> **Data**
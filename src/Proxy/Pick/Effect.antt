-- ===== src/Proxy/Pick/Effect.antt =====
-- cmd/proxy/router.go: what a selection changes of its group.
use proxy_manager.Prelude.{ℕ, ◌+◌, ◌≤◌, ◌≡◌, Bool, true, false, List, [], ◌∷◌, Option, arith}
use proxy_manager.Proxy.Backend.{Backend, Variant}
use proxy_manager.Proxy.Group.{RouteGroup}
use proxy_manager.Proxy.Pick.{nobody, pick_from, pick_healthy, pick_any}
use proxy_manager.Proxy.Pick.Pool.{pick_from-nobody_same, pick_from-keeps}
use proxy_manager.Proxy.Pick.Fair.{pick_by-draws, active_pool}

pick_from-cursor-le :
    (pool : List Backend) (g : RouteGroup) → (pick_from pool g).1.cursor ≤ g.cursor + 1
unfolding pick_from
pick_from-cursor-le [] g = omega arith
pick_from-cursor-le (b ∷ bs) g = omega arith

module _ (skip : List ℕ) (allow : Bool) (v : Option Variant) (g : RouteGroup) where
  pub pick_healthy-nobody_same :
      (pick_healthy skip allow v g).0 ≡ nobody → pick_healthy skip allow v g ≡ (nobody, g)
  unfolding pick_healthy
  pick_healthy-nobody_same h =
      let pool = active_pool false skip allow v g in
      let draws = pick_by-draws false skip allow v g in
      rw draws (pick_from-nobody_same pool g (rw draws at h))

  pub pick_healthy-cursor-le : (pick_healthy skip allow v g).1.cursor ≤ g.cursor + 1
  unfolding pick_healthy
  pick_healthy-cursor-le =
      rw (pick_by-draws false skip allow v g)
        (pick_from-cursor-le (active_pool false skip allow v g) g)

  pub pick_any-cursor-le : (pick_any skip allow v g).1.cursor ≤ g.cursor + 1
  unfolding pick_any
  pick_any-cursor-le =
      rw (pick_by-draws true skip allow v g)
        (pick_from-cursor-le (active_pool true skip allow v g) g)

  pub pick_any-backends : (pick_any skip allow v g).1.backends ≡ g.backends
  unfolding pick_any
  pick_any-backends =
      rw (pick_by-draws true skip allow v g) (pick_from-keeps (active_pool true skip allow v g) g).0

> **Task directions**
All lines from the line containing "rw (pick_by-draws false skip allow v g)" through the end of the listing above are to be duplicated exactly; include both ends and nothing further.

> **Exercise answer**
      rw (pick_by-draws false skip allow v g)
        (pick_from-cursor-le (active_pool false skip allow v g) g)

  pub pick_any-cursor-le : (pick_any skip allow v g).1.cursor ≤ g.cursor + 1
  unfolding pick_any
  pick_any-cursor-le =
      rw (pick_by-draws true skip allow v g)
        (pick_from-cursor-le (active_pool true skip allow v g) g)

  pub pick_any-backends : (pick_any skip allow v g).1.backends ≡ g.backends
  unfolding pick_any
  pick_any-backends =
      rw (pick_by-draws true skip allow v g) (pick_from-keeps (active_pool true skip allow v g) g).0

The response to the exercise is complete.